Insight translation: bridging the gap between research and design
If design is problem solving, then design research is problem seeking. Expressing these design problems or opportunities in a meaningful and inspirational manner can be the difference between great design thinking and wasted time and money. Insight translation provides a
clear transition from customer meaning to product attributes – focusing team creativity for market success.
This presentation will demonstrate examples of insight translation and provide 4 principles for doing it:
-Meaningful: clearly linked to the research data
-Actionable: the research approach is designed to deliver data that affords translation
-Aspirational: expresses what people wish
-Inspirational: inspires companies to pursue great design and ignites designer intuition
For two decades Marty Gage has pioneered participatory design techniques in order to liberate the unspoken desires of user populations. He has established that user involvement at the earliest stages of the development process provides unprecedented insight for designers, engineers and marketers. Using multi-sensory toolkits along with state-of-the-art ethnography, he provides creative fuel for design firms, engineering firms, and corporate design teams internationally. His intimate experience with creative teams and his understanding of the design process allow him to turn research findings into simple, actionable design criteria and opportunities. His body of work crosses industrial and consumer product categories encompassing subject matter as diverse as weapons systems and baby diapers.

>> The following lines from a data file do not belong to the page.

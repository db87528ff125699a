-- ===== src/Http/ClientAuth.antt =====
-- probe/clientauth.go: how a token request authenticates its client. base64 is a parameter.
pub mod Secret
use aoa_conformance.Prelude.{String, Bool, ◌==◌, ◌||◌, ◌&&◌, not, is_empty, [], ◌∷◌, if◌then◌else◌}
use aoa_conformance.Prelude.Text.{◌&◌}
use aoa_conformance.Http.{Headers}
use aoa_conformance.Http.Form.{Form, set_value}

abbrev pub auth_client_secret_post : String
auth_client_secret_post = "client_secret_post"

abbrev pub auth_client_secret_basic : String
auth_client_secret_basic = "client_secret_basic"

abbrev pub auth_none : String
auth_none = "none"

-- `ImplementsClientAuth`
abbrev pub implements_client_auth : String → Bool
implements_client_auth m =
    m == auth_client_secret_post || m == auth_client_secret_basic || m == auth_none

-- `ApplyClientAuth` changes the form and returns headers; here it returns both.
unfoldable pub apply_client_auth :
    (String → String) → Form → String → String → String → Form × Headers
apply_client_auth base64 form method client_id client_secret =
    if method == auth_none
    then (set_value "client_id" client_id form, [])
    else if method == auth_client_secret_basic && not (is_empty client_secret)
    then (form, ("Authorization", "Basic " & base64 (client_id & ":" & client_secret)) ∷ [])
    else if is_empty client_secret
    then (set_value "client_id" client_id form, [])
    else (set_value "client_secret" client_secret (set_value "client_id" client_id form), [])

Marty recently merged his design research firm, Rocket Surgery, with lextant Corporation, a user experience consultancy. This merger is the logical extension of a long collaboration with Chris Rockwell, founder and president of lextant. Marty heads the Design Research Practice at lextant.

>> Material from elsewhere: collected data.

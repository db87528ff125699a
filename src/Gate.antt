-- ===== src/Gate.antt =====
-- conformance/check.go (`needs`, `Check.Evaluate`) and conformance/gates.go. A gate reads the
-- target; it sends nothing.
pub mod Laws
use aoa_conformance.Prelude.{
  String, Bool, true, false, Option, none, some, List, [], ◌∷◌, ◌&&◌, not, is_empty, if◌then◌else◌,
}
use aoa_conformance.Prelude.Text.{◌&◌}
use aoa_conformance.Model.{
  Target, SkipReason, SkipKind, unsupported_for, untested_for, satisfied, CheckMeta, CheckResult,
  skip, has_client, has_subject, contains,
}

abbrev pub Gate : Type 0
Gate = Target → SkipReason

abbrev pub Precondition : Type 0
Precondition = Target → Bool × SkipReason

-- The test `r.Text != ""`: the gate is unmet.
abbrev pub is_unmet_reason : SkipReason → Bool
is_unmet_reason r = not (is_empty r.text)

pub needs : List Gate → Precondition
needs [] t = (true, satisfied)
needs (g ∷ gs) t = if is_unmet_reason (g t) then (false, g t) else needs gs t

-- A gate that reports `why` unless a condition holds.
abbrev pub unless : Bool → SkipReason → SkipReason
unless true why = satisfied
unless false why = why

abbrev pub mcp_target : Gate
mcp_target t =
    unless (not (is_empty t.mcp_url))
      (untested_for "no MCP server under test; run with --target <mcp-url>")

abbrev pub resolved_issuer : Gate
resolved_issuer t =
    unless (not (is_empty t.discovered.issuer))
      (unsupported_for "no authorization server issuer resolved during discovery")

abbrev pub as_metadata : Gate
as_metadata t =
    unless (not (is_empty t.discovered.raw_as_metadata))
      (unsupported_for "no authorization server metadata document was fetched")

abbrev pub token_endpoint : Gate
token_endpoint t =
    unless (not (is_empty t.discovered.token_endpoint))
      (unsupported_for "AS metadata advertises no token_endpoint")

abbrev pub authorization_endpoint : Gate
authorization_endpoint t =
    unless (not (is_empty t.discovered.authorization_endpoint))
      (unsupported_for "AS metadata advertises no authorization_endpoint")

abbrev pub registration_endpoint : Gate
registration_endpoint t =
    unless (not (is_empty t.discovered.registration_endpoint))
      (unsupported_for "AS metadata advertises no registration_endpoint")

abbrev pub introspection_endpoint : Gate
introspection_endpoint t =
    unless (not (is_empty t.discovered.introspection_endpoint))
      (unsupported_for "AS metadata advertises no introspection_endpoint")

abbrev pub revocation_endpoint : Gate
revocation_endpoint t =
    unless (not (is_empty t.discovered.revocation_endpoint))
      (unsupported_for "AS metadata advertises no revocation_endpoint")

abbrev pub introspection_for_revocation : Gate
introspection_for_revocation t = unless (not (is_empty t.discovered.introspection_endpoint)) (
    untested_for
      "revocation was not verified: the AS advertises no introspection_endpoint to confirm the token went inactive")

abbrev pub plan_client : Gate
plan_client t = unless (has_client t.plan) (
    if not (is_empty t.plan.registration_error)
    then untested_for (
        "no usable client: dynamic registration failed (" & t.plan.registration_error
        & "); pass --client-id")
    else untested_for
        "no usable client; pass --client-id (with --client-secret for a confidential client) or point at an AS that allows dynamic registration")

-- An AS that advertises no grant types at all is tried.
abbrev pub offers_client_credentials : List String → Bool
offers_client_credentials [] = true
offers_client_credentials gs = contains gs "client_credentials"

abbrev pub client_credentials_grant : Gate
client_credentials_grant t = unless (offers_client_credentials t.discovered.grant_types_supported) (
    untested_for
      "this check mints its own token and the AS does not advertise the client_credentials grant")

abbrev is_unset : SkipKind → Bool
is_unset SkipKind.unset = true
is_unset _ = false

-- `clientCredentialsGrant(t) == satisfied`
abbrev pub is_satisfied : SkipReason → Bool
is_satisfied r = is_unset r.kind && is_empty r.text

abbrev pub token_source : Gate
token_source t =
    if has_subject t.creds
    then satisfied
    else if has_client t.plan && is_satisfied (client_credentials_grant t)
    then satisfied
    else untested_for
        "no token source; pass --subject-token, run with --auth-code, or supply --client-id at an AS offering client_credentials"

abbrev pub registered_client : Gate
registered_client t =
    unless t.plan.registered
      (untested_for "no dynamic client registration was performed in this run")

abbrev pub subject_token : Gate
subject_token t =
    unless (has_subject t.creds) (untested_for "needs --subject-token (a user token to exchange)")

abbrev pub auth_code_flow : Gate
auth_code_flow t =
    unless t.creds.auth_code_available
      (untested_for "needs --auth-code (an interactive authorization-code round)")

abbrev pub iss_parameter_advertised : Gate
iss_parameter_advertised t =
    unless t.discovered.authorization_response_iss_parameter_supported
      (unsupported_for "AS does not advertise authorization_response_iss_parameter_supported")

abbrev pub cimd_advertised : Gate
cimd_advertised t =
    unless t.discovered.client_id_metadata_document_supported
      (unsupported_for "AS does not advertise client_id_metadata_document_supported")

-- What a `Run` function does: it returns a result, or it panics with a value.
pub data Ran : Type 0 where
  returned : CheckResult → Ran
  panicked : String → Ran

-- A check over the states `W` of the network that it talks to.
pub record Check (W : Type 0) : Type 0 where
  pub meta : CheckMeta
  pub precondition : Option Precondition
  pub run : Target → W → Ran × W

abbrev pub skipped : SkipReason → CheckResult
skipped why = record {
  status = skip;
  skip_kind = why.kind;
  message = why.text;
  evidence = "";
  duration = 0;
}

module _ {W : Type 0} where
  gated : Check W → Bool × SkipReason → Target → W → Ran × W
  gated c (true, why) t w = c.run t w
  gated c (false, why) t w = (returned (skipped why), w)

  -- `Check.Evaluate`
  pub evaluate : Check W → Target → W → Ran × W
  unfolding gated
  evaluate c t w = elim c.precondition [ none ↦ c.run t w | some pre ↦ gated c (pre t) t w ]
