-- ===== src/Prelude/Int.antt =====
-- Signed integers, for the error codes of JSON-RPC; `negsuc n` is -(n + 1).
use Prim.Native.Nat.{ℕ, compare, Ordering}
use mathlib.Core.Bool.{Bool, true, false}

pub data ℤ : Type 0 where
  pos : ℕ → ℤ
  negsuc : ℕ → ℤ

abbrev at_most : ℕ → ℕ → Bool
at_most a b = elim (compare a b) [ Ordering.gt ↦ false | _ ↦ true ]

abbrev equal : ℕ → ℕ → Bool
equal a b = elim (compare a b) [ Ordering.eq ↦ true | _ ↦ false ]

abbrev pub leℤ : ℤ → ℤ → Bool
leℤ (pos a) (pos b) = at_most a b
leℤ (pos a) (negsuc b) = false
leℤ (negsuc a) (pos b) = true
leℤ (negsuc a) (negsuc b) = at_most b a

abbrev pub eqℤ : ℤ → ℤ → Bool
eqℤ (pos a) (pos b) = equal a b
eqℤ (negsuc a) (negsuc b) = equal a b
eqℤ _ _ = false
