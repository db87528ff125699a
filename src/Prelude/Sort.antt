-- ===== src/Prelude/Sort.antt =====
-- `sort.Strings`: texts in the order of their code points, which is the order of their UTF-8 bytes.
use Prim.Native.Nat.{ℕ, compare, Ordering}
use Prim.Native.Char.{code}
use Prim.Native.String.{String}
use mathlib.Core.Path.{◌≡◌, refl}
use mathlib.Core.Bool.{Bool, true, false}
use mathlib.Core.Logic.{inl, inr}
use mathlib.Core.List.{List, [], ◌∷◌, Perm}
use mathlib.Core.List.Perm
use native.Mathlib.Omega.{arith}
use aoa_conformance.Prelude.Lists.{Bool-cases, all}

abbrev pub codes : String → List ℕ
codes String.[] = []
codes (String.◌∷◌ c s) = code c ∷ codes s

codes_le : List ℕ → List ℕ → Bool
codes_le [] ys = true
codes_le (x ∷ xs) [] = false
codes_le (x ∷ xs) (y ∷ ys) =
    let rest = codes_le xs ys in
    elim (compare x y) [ Ordering.lt ↦ true | Ordering.eq ↦ rest | Ordering.gt ↦ false ]

codes_le_total : (xs ys : List ℕ) → codes_le xs ys ≡ false → codes_le ys xs ≡ true
unfolding codes_le
codes_le_total [] ys h = cc
codes_le_total (x ∷ xs) [] h = refl
codes_le_total (x ∷ xs) (y ∷ ys) h = ground (arith, codes_le_total xs ys)

codes_le_trans :
    (xs ys zs : List ℕ) → codes_le xs ys ≡ true → codes_le ys zs ≡ true → codes_le xs zs ≡ true
unfolding codes_le
codes_le_trans [] ys zs h k = refl
codes_le_trans (x ∷ xs) [] zs h k = cc
codes_le_trans (x ∷ xs) (y ∷ ys) [] h k = cc
codes_le_trans (x ∷ xs) (y ∷ ys) (z ∷ zs) h k = ground (arith, codes_le_trans xs ys zs)

-- Go's `a <= b` on strings.
unfoldable pub str_le : String → String → Bool
unfolding codes_le
str_le a b = codes_le (codes a) (codes b)

pub str_le_total : (a b : String) → str_le a b ≡ false → str_le b a ≡ true
unfolding str_le
str_le_total a b = codes_le_total (codes a) (codes b)

pub str_le_trans : (a b c : String) → str_le a b ≡ true → str_le b c ≡ true → str_le a c ≡ true
unfolding str_le
str_le_trans a b c = codes_le_trans (codes a) (codes b) (codes c)

choose : Bool → List String → List String → List String
choose true xs ys = xs
choose false xs ys = ys

insert : String → List String → List String
unfolding choose
insert a [] = a ∷ []
insert a (x ∷ xs) = choose (str_le a x) (a ∷ x ∷ xs) (x ∷ insert a xs)

unfoldable pub sort_strings : List String → List String
unfolding insert
sort_strings [] = []
sort_strings (x ∷ xs) = insert x (sort_strings xs)

insert-perm : (a : String) (xs : List String) → Perm (insert a xs) (a ∷ xs)
unfolding insert
insert-perm a [] = Perm.refl (a ∷ [])
insert-perm a (x ∷ xs) = elim (Bool-cases (str_le a x)) [
  | inl before ↦ rw before (Perm.refl (a ∷ x ∷ xs))
  | inr after ↦ rw after (Perm.trans (Perm.cons x (insert-perm a xs)) (Perm.swap a x xs))
]

-- Sorting keeps the texts, as often as they come.
pub sort_strings-perm : (xs : List String) → Perm (sort_strings xs) xs
unfolding sort_strings
sort_strings-perm [] = Perm.refl []
sort_strings-perm (x ∷ xs) =
    Perm.trans (insert-perm x (sort_strings xs)) (Perm.cons x (sort_strings-perm xs))

-- Each text is at most all that come after it.
abbrev pub IsSorted : List String → Type 0
IsSorted [] = Unit
IsSorted (x ∷ xs) = (all (str_le x) xs ≡ true) × IsSorted xs

all_trans :
    (a x : String) (xs : List String)
    → str_le a x ≡ true
    → all (str_le x) xs ≡ true
    → all (str_le a) xs ≡ true
all_trans a x [] h k = refl
all_trans a x (y ∷ ys) h k = ground (arith, all_trans a x ys h, str_le_trans a x y h)

all-insert :
    (y a : String) (xs : List String)
    → str_le y a ≡ true
    → all (str_le y) xs ≡ true
    → all (str_le y) (insert a xs) ≡ true
unfolding insert
all-insert y a [] h k = ground arith
all-insert y a (x ∷ xs) h k = ground (arith, all-insert y a xs h)

insert-IsSorted : (a : String) (xs : List String) → IsSorted xs → IsSorted (insert a xs)
unfolding insert
insert-IsSorted a [] s = (refl, tt)
insert-IsSorted a (x ∷ xs) (below, s) = elim (Bool-cases (str_le a x)) [
  | inl before ↦ rw before (ground (arith, before, all_trans a x xs before below), (below, s))
  | inr after ↦ rw after (all-insert x a xs (str_le_total a x after) below, insert-IsSorted a xs s)
]

pub sort_strings-IsSorted : (xs : List String) → IsSorted (sort_strings xs)
unfolding sort_strings
sort_strings-IsSorted [] = tt
sort_strings-IsSorted (x ∷ xs) = insert-IsSorted x (sort_strings xs) (sort_strings-IsSorted xs)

Marty founded Rocket Surgery in 2002, after having co-founded the research firm SonicRim in 1999. Previously he practiced as a member of the research team at Fitch Inc. for 10 years, where he helped to establish Fitch as a leader in design research.

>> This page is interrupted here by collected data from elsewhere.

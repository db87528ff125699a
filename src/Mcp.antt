-- ===== src/Mcp.antt =====
-- probe/mcp.go: one MCP call, with the retry on the server's own versions and the fallback to the
-- legacy handshake. The functions of encoding/json are parameters: `Codec`.
pub mod Laws
pub mod Versions
pub mod Requests
use aoa_conformance.Prelude.{
  ℕ, String, Bool, Option, none, some, List, [], ◌∷◌, ◌++◌, ◌==◌, ◌&&◌, ◌||◌, not, is_empty, ltb,
  nat_eq, if◌then◌else◌,
}
use aoa_conformance.Prelude.Lists.{select}
use aoa_conformance.Prelude.Int.{ℤ, negsuc, leℤ, eqℤ}
use aoa_conformance.Prelude.Result.{Result, ok, err}
use aoa_conformance.Prelude.Sort.{str_le, sort_strings}
use aoa_conformance.Prelude.Text.{◌&◌}
use aoa_conformance.Http.{Headers, Response, Transport, Call, perform}

abbrev pub version_modern : String
version_modern = "2026-07-28"

abbrev pub version_legacy : String
version_legacy = "2025-06-18"

-- `EraUnknown`, `EraModern`, `EraLegacy`
pub data Era : Type 0 where
  unknown modern legacy : Era

abbrev pub era_word : Era → String
era_word unknown = ""
era_word modern = "modern"
era_word legacy = "legacy"

pub record McpInput : Type 0 where
  pub endpoint : String
  pub method : String
  pub name : String
  pub params : String
  pub protocol_version : String
  pub token : String
  pub auth_scheme : String
  pub extra_headers : Headers

pub record McpResult : Type 0 where
  pub response : Response
  pub era : Era
  pub version : String
  pub supported_versions : List String

-- -32020, -32099, -32022, -32601
abbrev pub err_reserved_high : ℤ
err_reserved_high = negsuc 32019

abbrev pub err_reserved_low : ℤ
err_reserved_low = negsuc 32098

abbrev pub err_unsupported_protocol_version : ℤ
err_unsupported_protocol_version = negsuc 32021

abbrev pub err_method_not_found : ℤ
err_method_not_found = negsuc 32600

pub record JsonRpcError : Type 0 where
  pub code : ℤ
  pub message : String
  pub supported : List String
  pub requested : String

-- json.Marshal of the two documents that are sent, and json.Unmarshal of an answer into `jsonrpc`
-- and `error`: `none` on a failure, `some none` if there is no error member.
pub record Codec : Type 0 where
  pub encode_modern : String → String → String → String
  pub encode_initialize : String
  pub decode_rpc : String → Option (Option JsonRpcError)

-- `isEraAmbiguous`: 400, 404 and 405.
abbrev pub is_era_ambiguous : ℕ → Bool
is_era_ambiguous status = nat_eq status 400 || nat_eq status 404 || nat_eq status 405

abbrev pub is_spec_code : ℤ → Bool
is_spec_code code =
    (leℤ code err_reserved_high && leℤ err_reserved_low code) || eqℤ code err_method_not_found

recognised : Option (Option JsonRpcError) → Option JsonRpcError
recognised (some (some e)) = if is_spec_code e.code then some e else none
recognised _ = none

-- `modernError`
unfoldable pub modern_error : Codec → String → Option JsonRpcError
unfolding recognised
modern_error codec body = recognised (codec.decode_rpc body)

last_of : List String → String
last_of [] = ""
last_of (x ∷ []) = x
last_of (x ∷ y ∷ ys) = last_of (y ∷ ys)

-- `highestModernVersion`
pub highest_modern_version : List String → String
unfolding last_of
highest_modern_version supported =
    last_of (sort_strings (select (λ v. str_le version_modern v) supported))

abbrev or_default : String → String → String
or_default s default = if is_empty s then default else s

abbrev auth_header : McpInput → Headers
auth_header input =
    if is_empty input.token
    then []
    else ("Authorization", or_default input.auth_scheme "Bearer" & " " & input.token) ∷ []

abbrev name_header : McpInput → Headers
name_header input = if is_empty input.name then [] else ("Mcp-Name", input.name) ∷ []

module _ {W : Type 0} (send : Transport W) (codec : Codec) where
  -- `postJSONRPC`
  post_jsonrpc : McpInput → Headers → String → String → Call W Response
  post_jsonrpc input h body label =
      perform send
        (record {
          method = "POST";
          url = input.endpoint;
          headers =
              ("Content-Type", "application/json")
              ∷ ("Accept", "application/json, text/event-stream")
              ∷ (h ++ (auth_header input ++ input.extra_headers));
          body = body;
        })
        ("POST " & input.endpoint & "\n" & label & "\nbody: " & body)

  -- `postModern`
  pub post_modern : McpInput → String → Call W Response
  unfolding post_jsonrpc
  post_modern input version =
      let method = or_default input.method "tools/list" in
      post_jsonrpc input
        (("Mcp-Protocol-Version", version) ∷ ("Mcp-Method", method) ∷ name_header input)
        (codec.encode_modern method version input.params)
        ("MCP " & method & " (protocol " & version & ")")

  -- `postLegacyInitialize`
  pub post_legacy : McpInput → Call W Response
  unfolding post_jsonrpc
  post_legacy input =
      post_jsonrpc input [] codec.encode_initialize
        ("MCP initialize (legacy fallback, protocol " & version_legacy & ")")

  abbrev answer : Response → Era → String → List String → McpResult
  answer r era version supported = record {
    response = r;
    era = era;
    version = version;
    supported_versions = supported;
  }

  -- The fallback: what the legacy handshake gives, or the modern evidence if it fails.
  fall_back : Response → String → Result String Response × W → Result String McpResult × W
  fall_back first version (err e, w) = (ok (answer first unknown version []), w)
  fall_back first version (ok r, w) =
      (ok (answer r (if ltb r.status_code 300 then legacy else unknown) version_legacy []), w)

  -- The second attempt, on a version of the server's own.
  retried :
      Response
      → String
      → String
      → List String
      → Result String Response × W
      → Result String McpResult × W
  retried first version retry supported (err e, w) = (ok (answer first modern version supported), w)
  retried first version retry supported (ok r, w) = (ok (answer r modern retry supported), w)

  on_modern_error : McpInput → String → Response → JsonRpcError → W → Result String McpResult × W
  unfolding retried
  on_modern_error input version first e w =
      let retry = highest_modern_version e.supported in
      let again = retried first version retry e.supported (post_modern input retry w) in
      if not (eqℤ e.code err_unsupported_protocol_version)
      then (ok (answer first modern version []), w)
      else if is_empty retry || retry == version
      then (ok (answer first modern version e.supported), w)
      else again

  on_response : McpInput → String → Response → W → Result String McpResult × W
  unfolding on_modern_error fall_back
  on_response input version first w =
      let fallen = fall_back first version (post_legacy input w) in
      if not (is_era_ambiguous first.status_code)
      then (ok (answer first (if ltb first.status_code 300 then modern else unknown) version []), w)
      else elim (modern_error codec first.body) [
        | none ↦ fallen
        | some e ↦ on_modern_error input version first e w
      ]

  on_first : McpInput → String → Result String Response × W → Result String McpResult × W
  on_first input version (err e, w) = (err e, w)
  on_first input version (ok r, w) = on_response input version r w

  -- `MCPRequest`
  unfoldable pub mcp_request : McpInput → Call W McpResult
  unfolding on_first on_response
  mcp_request input w =
      let version = or_default input.protocol_version version_modern in
      on_first input version (post_modern input version w)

Marty has won numerous design awards and has published widely on design research, including a chapter on participatory design research methods in the book, Human Factors Testing and Evaluation Methods. He has served on the Business Week-sponsored Industrial Design Excellence Awards jury, evaluating the research entries in particular, and is frequently asked to speak at design conferences and schools such as The College of Creative Studies, The Cranbrook Academy, The Ohio State University and The Savannah College of Art & Design. Marty holds his BA in Psychology from Hendrix College and earned his MS in Human Factors Psychology from Wright State University.